Enstitü başka bir yere taşınır ve başka bölümlerin himayesi altında eğitime devam eder. 1940’lı yıllarda Zeynep Hanım Konağı’nda Jeoloji eğitimi sürer. 1942’de ise büyük bir talihsizlikle Zeynep Hanım Konağı’nda çıkan yangınla birlikte koleksiyonlar, kitaplar yanar ve Enstitü Süleymaniye’ye taşınır. Eğitime orada devam eder. 

1945’li yıllarda Fen Fakültesi binasında bir bloğa yerleşerek eğitime başlar. Orada da müze olayı tekrar başlatılır. Cumhuriyet sonrası dönemde hocaların büyük bir kısmı doktora çalışmaları için yurt dışına gönderilir. Yurt dışında bilimsel materyallerin önemini kavradıklarından müzedeki eksik materyallerin satın alınarak tamamlanmasını önerirler ve burada görülen birçok örnek, o dönemlerden kalma satın alınmış veya armağan edilmiş örneklerdir. 

45’li yıllardan itibaren Müze Fen Fakültesi binası içinde bir katta yer aldı. Ama o katı herkes ziyaret edemezdi, demir kapıları vardı. Burada müze varmış derdik, hocalarımız senede bir kez gezdirirdi. Müze çok kıymetli ve gizemliydi. Sınavlarda müzeden örnek çıkartılıp sorulurdu ve bunlardan sorumlu olurduk. 

1990 yılında Avcılar yerleşkesine taşındık. O zamanlar yeni doçenttim. Müzeyi taşıma görevi bana verildi. Asistanlarla birlikte toparladık ve her objeyi etiketleriyle poşetleyerek buraya getirdik. Geldiğimizde büyük bir hayal kırıklığı yaşadık. Çünkü müze için ayrılmış bir mekân yoktu. Şu an içine bulunduğumuz alan ardiye olarak kullanılıyordu. Uzun zaman dolaplar dışarıda kaldı ve kimse ilgilenmedi. Bizden büyük bir hocamıza bu görev verilmesine karşın 9-10 yıl müzemiz olmadan geçti. Taşınma sırasında hiçbir zaiyat olmadı. Taşındıktan sonra 10 yıl hiç kimsenin ilgilenmemesi ile birçok örnekler kayıp oldu. Farklı bölümlerdeki öğrencilerin elinde örneklerimiz oyuncak oldu. Bu bizler için çok üzüntü kaynağı idi. Müze materyalleri büyük bir zarara uğradı. Ve bu arada Marmara depremi de oldu. Deprem sırasında depremin getirdiği sıkıntı ile beraber örnekler iyice karıştı. 

Müze yeniden doğuyor 

Fakültenin deprem sonrası güçlendirilmesi projesi kapsamında müzeyi projelendirme ve yeniden yapılandırma için bölümce bir karara vardık. İÜ Araştırma fonundaki bir arkadaşımızın önderliği ile ve yürütücü olarak görevin bana verilmesi ile projeye başlandı. 

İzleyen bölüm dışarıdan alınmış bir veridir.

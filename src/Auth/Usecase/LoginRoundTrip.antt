-- ===== src/Auth/Usecase/LoginRoundTrip.antt =====
-- `login` against `authenticate_session`.
use python_react_template.Prelude.{
  ◌<◌, ◌≡◌, sym, ap, ◌∙◌, arith, String, true, Option, some, str_eq, ◌&&◌,
}
use python_react_template.Store.Rows.{User, Db}
use python_react_template.Store.Exec.{Env, World, ok}
use python_react_template.Store.AuthRepository.Users.{get_user, is_present}
use python_react_template.Store.AuthRepository.Users.Tables.{HasUniqueIds, get_user_unique}
use python_react_template.Store.AuthRepository.Sessions.{active_session}
use python_react_template.RateLimit.Interface.{LoginRateLimiter}
use python_react_template.Auth.Settings.{AuthSettings, truthy}
use python_react_template.Auth.Usecase.Context.{AuthenticatedSessionContext, IssuedAuthSession}
use python_react_template.Auth.Usecase.Session.{authenticate_session}
use python_react_template.Auth.Usecase.Completeness.{authenticate_session_complete}
use python_react_template.Auth.Usecase.Login.{login}
use python_react_template.Auth.Usecase.Outcome.{login-opens}

module _ (R : LoginRateLimiter) (env : Env) (settings : AuthSettings) where
  -- If identifiers of users are unique, then the token of a login that succeeded, when it is not
  -- empty, lets the user of the login in on the tables that the login left, until the session
  -- expires.
  pub authenticate_session-login :
      (email password : String) (cur ip ua : Option String) (w w' : World R.State)
      {issued : IssuedAuthSession}
      → HasUniqueIds w.db.users
      → (login R env settings email password cur ip ua w).0 ≡ ok issued
      → w'.db ≡ (login R env settings email password cur ip ua w).1.db
      → truthy (some issued.session_token) ≡ some issued.session_token
      → env.utcnow w'.calls < issued.session.expires_at
      → (ctx : AuthenticatedSessionContext) × ((authenticate_session env settings
            (some issued.session_token)
            ip
            ua
            w').0
          ≡ ok (some ctx))
        × (ctx.user ≡ issued.user)
        × (ctx.session.id ≡ issued.session.id)
  authenticate_session-login email password cur ip ua w w' {issued} unique done same token fresh =
      let (u, found, may, logged_in) = login-opens R env settings email password cur ip ua w done in
      let (v, there, changed, kept) = logged_in.before in
      let known : get_user u.id w.db.users ≡ some u =
        get_user_unique
          (λ (x : User).
            str_eq (env.sql_lower x.email) (env.lower (env.strip email)) && is_present x)
          w.db.users unique found in
      let same_user : u ≡ v = ground (arith, known, there) in
      let active : v.is_active ≡ true =
        ap (λ (x : User). x.is_active) (sym same_user) ∙ may.is_active in
      let opened : active_session (env.sha256 issued.session_token) (env.utcnow w'.calls)
            w'.db.sessions
          ≡ some issued.session =
        ap
          (λ (d : Db).
            active_session (env.sha256 issued.session_token) (env.utcnow w'.calls) d.sessions)
          same
        ∙ ground (arith, logged_in.session.opens (env.utcnow w'.calls)) in
      let there' : get_user issued.session.user_id w'.db.users ≡ some issued.user =
        ap (λ i. get_user i w'.db.users) logged_in.session.owner
        ∙ ap (λ (d : Db). get_user u.id d.users) same
        ∙ logged_in.after in
      let (ctx, let_in, user, session, _, _) =
        authenticate_session_complete env settings (some issued.session_token) ip ua w' token opened
          there' (ap (λ (x : User). x.deleted_at) changed ∙ kept)
          (ap (λ (x : User). x.is_active) changed ∙ active) in
      (ctx, let_in, user, session)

Arkadaşların önerisi doğrultusunda sahiplendiğim bu proje kötü koşullar altında başladı. Örnekler çok dağınıktı ve kimse bu işe yardımcı olmak isteğinde değildi. Çok az bir sayıdaki meslektaşlarım, eşim, her Anabilim dalından genç arkadaşlar ve öğrenciler ile birlikte bu işe başladık. Dışarıdan sponsor desteği ile burayı kalkındırdık. Objelerin temizlenmesi, gruplandırılması işlerinde öğrencilerimizden çok yardım aldık. Gönüllü genç arkadaşlar da bizlere çok yardımcı oldu. Proje 2000 yılında başladı, ancak fakültenin güçlendirilmesi çalışmalarından dolayı 2-3 yıl aksadı ve 2003’ten itibaren yoğun olarak çalışmaya başladık. 2005 yılında bu özverili ve gayretli çalışmanın sonucunu aldık. 2005 Kasım ayında proje sonlandırılarak müze 4. kez yeniden hizmete açıldı. Yaşadığımız zor koşullar keşke olmasaydı da kaybolan örneklerimize bugün sahip olabilseydik.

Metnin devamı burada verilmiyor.